In order to solve this visual problem, we have decided to use a repulsion vector. The calculus gets like this: representation of what we want
As you can see, we calculate the repulsion vector with the inverse of the distance between the enemy and his nearest neighbor.
Then, we get it applying this to the "theorical" direction, by adding it, and we get a resultant, which is the direction that
our enemy has to follow to not "collide" with it's neighbors.
But, our issue comes here:
The enemys get sepparated in the middle of the curve and, as we spawn more enemys, the speed of all of them increases dramatically (including the enemies that don't calculate the repuslion vector).
1 - Is it usual that this sepparation occours in the middle of the trajectory?
2 - Is it there a way to control this direction without the speed getting affected?
3 - Is it there any alternative to this theory?
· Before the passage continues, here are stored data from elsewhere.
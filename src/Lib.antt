-- ===== src/Lib.antt =====
-- LineageLens: provenance tracking for AI-generated code, its integrity and privacy core.
--
-- Every suggestion that a developer accepts is stored as a provenance record. The records of a
-- workspace form a hash chain; a record can be redacted or deleted, which leaves a tombstone and a
-- signed event; a walk over the chain tells tampering from such privacy operations; and a limiter
-- guards the API. The program's parts, and the files that model them:
--
-- RateLimit: lineagelens-backend/app/core/rate_limit.py. `check` takes the clock's reading and the
--   limiter's state and returns the decision with the next state. The lock makes a call one step.
--   Times are whole microseconds. RateLimit/Prune, Window and Tracks relate the state to the times
--   that were admitted, RateLimit/Bounds compares runs with a log that forgets nothing, RateLimit/Retry
--   is about the advice to a refused caller, RateLimit/ClientIp models `effective_client_ip`.
--   RateLimit/Shared models lineagelens-backend/app/core/rate_limit_redis.py over the commands of Redis,
--   Follows, Sets and Calls relate its sets to the admitted times, Replicas compares its runs with
--   those of the limiter in memory.
-- Attestation: lineagelens-backend/app/core/attestation.py, signing and verification of statements.
--   Attestation/Registry has the key registry with its table (`AttestationKey` of
--   lineagelens-backend/app/db/models.py), Attestation/Status the meaning of a valid verdict,
--   Attestation/Revocation what revoking a key does to verdicts.
-- Chain: the digests of lineagelens-backend/app/services/integrity_service.py, the columns of
--   `ProvenanceRecord` that the chain and the lifecycle touch, and `_attach_hash_chain` of
--   lineagelens-backend/app/services/provenance_service.py.
-- Lifecycle: lineagelens-backend/app/services/record_lifecycle_service.py. The tables are lists in the
--   order of their ids, and an operation takes and returns them. Lifecycle/Rows, Events and Erasure are
--   about the row, the event and the tables that an operation leaves.
-- Integrity: `GET /integrity/verify` of lineagelens-backend/app/api/routes/integrity.py. Integrity/Walk
--   is about the answer of the walk, Tombstone and Privacy about walks after a privacy operation, Ingest
--   about walks after a new record, Detection about what the walk reports.
-- Verifier: the offline verifier, lineagelens-verifier/lineagelens_verifier/verify.py, from the parsed
--   archive on. Verifier/Links has its walk over the chain, Verifier/Verdict its final answer and what
--   the answers mean, Verifier/Manifest and Verifier/Trust the meaning of its two other checks.
--   Verifier/Latest, Export, Rows and Agreement model the chain that a capsule exports
--   (lineagelens-backend/app/services/capsule_service.py) and compare the verifier with Integrity.
-- Pairing: lineagelens-backend/app/services/pairing_service.py. The table of codes is a list, calls take
--   and return it, and a call that raises returns the table that it leaves. Pairing/Rows is about
--   one call, Pairing/Uses about sequences of calls, Pairing/Codes has the texts of codes, Spelling
--   and Typed are about a text that is typed by hand.
-- Policy: lineagelens-backend/app/core/policy.py. Policy/Scores and Meaning say when a
--   policy triggers, Policy/Extends is about one policy of an evaluation, Policy/Decision tells the
--   evaluation without its loop.
-- PolicyVersions: `append_version` of lineagelens-backend/app/services/policy_version_service.py.
--   PolicyVersions/History is about the numbers of the versions.
-- Retention: `run_retention_cleanup` of lineagelens-backend/app/services/retention_service.py, as
--   Lifecycle operations on the table. Retention/Rows and Sweep follow one kind of event through the
--   table, Total says when it runs through, Cleanup compares the whole sweep with a rule for single rows, Chains is about the walks of
--   Integrity after it. Retention/Versions has `upsert_retention_policy` with its version, Numbers, Settled and
--   Current what it leaves.
-- Witness: lineagelens-backend/app/services/witness_service.py. Witness/Merkle has
--   `compute_periodic_root`, Witness/Binding, Levels and Root what its root commits to; Witness/Der
--   the encoding of a time-stamp request, Witness/Tlv and Request a reader of it, Octets the range
--   of its bytes; Witness/Backends the four backends and `witness_root`, Receipts what its receipts
--   say.
-- Actions: lineagelens-backend/app/services/agent_action_service.py. Actions/Arguments and Risk prepare
--   an action, Actions/Ledger hashes and stores it, with the route `ingest_agent_actions` of
--   lineagelens-backend/app/api/routes/agent_actions.py, Actions/Links is about the chain of a session.
-- Tunnel: the request of the CONNECT tunnel, lineagelens-proxy/connect_tunnel.py. Tunnel/Addresses is
--   about the addresses it is allowed to reach, Tunnel/Guard about whole requests.
-- Routing: the routing policies that the backend lists (lineagelens-backend/app/api/routes/policies.py)
--   and the cache of the proxy (lineagelens-proxy/routing_cache.py). Routing/Fetched is about one fetch,
--   Routing/Latest about any number of refreshes.
-- License: lineagelens-backend/app/core/license.py, and `require_plan` of
--   lineagelens-backend/app/core/mode_guard.py in License/Plans. License/Minting is
--   the side of the vendor, Verify that of the customer; License/Encoding is about the texts of a
--   key, Issue about a minted key that is read back, Signed and Gate about what a paid plan shows.
-- Recall: lineagelens-backend/app/services/recall_service.py and the routes of
--   lineagelens-backend/app/api/routes/recall.py. Recall/Affected has the search, Recall/Blast the
--   descendants, with what their coverage status says in Blast/Rows, Honest and Coverage; Recall/Scope,
--   Runs and Frozen are about the tables after any sequence of the routes.
-- Prelude and Fixture: what the modules share, and the small instances that the tests run on.
--
-- Integrity and Retention call Lifecycle, Verifier reads what Integrity guards, and Lifecycle calls
-- Attestation and Chain; Routing joins a route of the backend and the proxy. What the code takes from
-- `json`, `hashlib`, `cryptography`, `datetime`, `re` and the
-- environment is a record of operations, `Hashing`, `Signing`, `Verifying`, `Matching`, `Splitting`,
-- `Digesting`, `World`, `Searches`, `Outside`, `Net`, `SortedSets`, `Licensing`, `Casing` and
-- `Services`, that the definitions take as a parameter: the digest, the canonical JSON, the
-- signature and its verification, the private key, ISO texts of moments, and operations on texts.
-- Nothing is assumed about them but where a theorem says so. `ValueError`, unknown keys, a signing key
-- that does not load, a moment before the year 1 and a row that the database refuses are `none`. A verification that raises inside its `try` is one that fails.
--
-- A loop over a list is structural recursion. Three loops of Witness run on fuel: the levels of the
-- root, on as much as there are hashes, each level having about half of them; `bit_length` and the
-- septets of an object identifier, on the number that they divide. Numbers are natural numbers,
-- but for the scores and thresholds of Policy, which are integers: Python's integers are unbounded, and a limit or a window below 1 is read as 1 by the code itself.
--
-- Not modelled: the database session and its transactions (a handler runs as one step, but for the
-- flush of the rows of Actions, which may fail), the prose of messages, access control of the routes, HTTP, relaying and TLS
-- interception in the tunnel, and the parts of the repository that no file here names, among them the
-- web client, the adapters of the proxy, the editor extensions and the external stores.
mod Prelude
pub mod RateLimit
pub mod Attestation
pub mod Chain
pub mod Lifecycle
pub mod Integrity
pub mod Verifier
pub mod Pairing
pub mod Policy
pub mod PolicyVersions
pub mod Witness
pub mod Retention
pub mod Actions
pub mod Tunnel
pub mod Routing
pub mod License
pub mod Recall
mod Fixture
I submit the code below (There is a variable in Spanish [resultante] which it means resultant in English):
if (!m_pathCompleted) {
if (m_currentWP == 14 && m_cambio == true) {
m_currentWP = 0;
m_path = m_pathA;
m_cambio = false;
}
if (m_neighbors.size() > 1) {
for (int i = 0; i < m_neighbors.size(); i++) {
if (m_enemyId != m_neighbors[i]->GetId()) {
float l_nvx = m_neighbors[i]->GetSprite().getPosition().x - m_enemySprite.getPosition().x;
float l_nvy = m_neighbors[i]->GetSprite().getPosition().y - m_enemySprite.getPosition().y;
float distance = std::sqrt(l_nvx * l_nvx + l_nvy * l_nvy);
if (distance < MINIMUM_NEIGHBOR_DISTANCE) {
l_nvx *= -1;
l_nvy *= -1;
float l_vx = m_path[m_currentWP].x - m_enemySprite.getPosition().x;
float l_vy = m_path[m_currentWP].y - m_enemySprite.getPosition().y;
float l_resultanteX = l_nvx + l_vx;
float l_resultanteY = l_nvy + l_vy;
float l_waypointDistance = std::sqrt(l_resultanteX * l_resultanteX + l_resultanteY * l_resultanteY);
if (l_waypointDistance < MINIMUM_WAYPOINT_DISTANCE) {
if (m_currentWP == m_path.size() - 1) {
std::cout << "\n";
std::cout << "[GAME OVER]" << std::endl;
m_go = false;
m_pathCompleted = true;
} else {
m_currentWP++;
}
}
if (l_waypointDistance > MINIMUM_WAYPOINT_DISTANCE) {
l_resultanteX = l_resultanteX / l_waypointDistance;
l_resultanteY = l_resultanteY / l_waypointDistance;
m_enemySprite.move(ENEMY_SPEED * l_resultanteX * dt, ENEMY_SPEED * l_resultanteY * dt);
}
} else {
float vx = m_path[m_currentWP].x - m_enemySprite.getPosition().x;
float vy = m_path[m_currentWP].y - m_enemySprite.getPosition().y;
float len = std::sqrt(vx * vx + vy * vy);
if (len < MINIMUM_WAYPOINT_DISTANCE) {
if (m_currentWP == m_path.size() - 1) {
std::cout << "\n";
std::cout << "[GAME OVER]" << std::endl;
m_go = false;
m_pathCompleted = true;
} else {
m_currentWP++;
}
}
if (len > MINIMUM_WAYPOINT_DISTANCE) {
vx = vx / len;
vy = vy / len;
m_enemySprite.move(ENEMY_SPEED * vx * dt, ENEMY_SPEED * vy * dt);
}
}
}
}
} else {
float vx = m_path[m_currentWP].x - m_enemySprite.getPosition().x;
float vy = m_path[m_currentWP].y - m_enemySprite.getPosition().y;
float len = std::sqrt(vx * vx + vy * vy);
if (len < MINIMUM_WAYPOINT_DISTANCE) {
if (m_currentWP == m_path.size() - 1) {
std::cout << "\n";
std::cout << "[GAME OVER]" << std::endl;
m_go = false;
m_pathCompleted = true;
} else {
m_currentWP++;
}
}
if (len > MINIMUM_WAYPOINT_DISTANCE) {
vx = vx / len;
vy = vy / len;
m_enemySprite.move(ENEMY_SPEED * vx * dt, ENEMY_SPEED * vy * dt);
}
}
}
I will try to answer your questions one by one, but first, I don't see anything terribly wrong in the code, so it could be simply a set of non contemplated situations.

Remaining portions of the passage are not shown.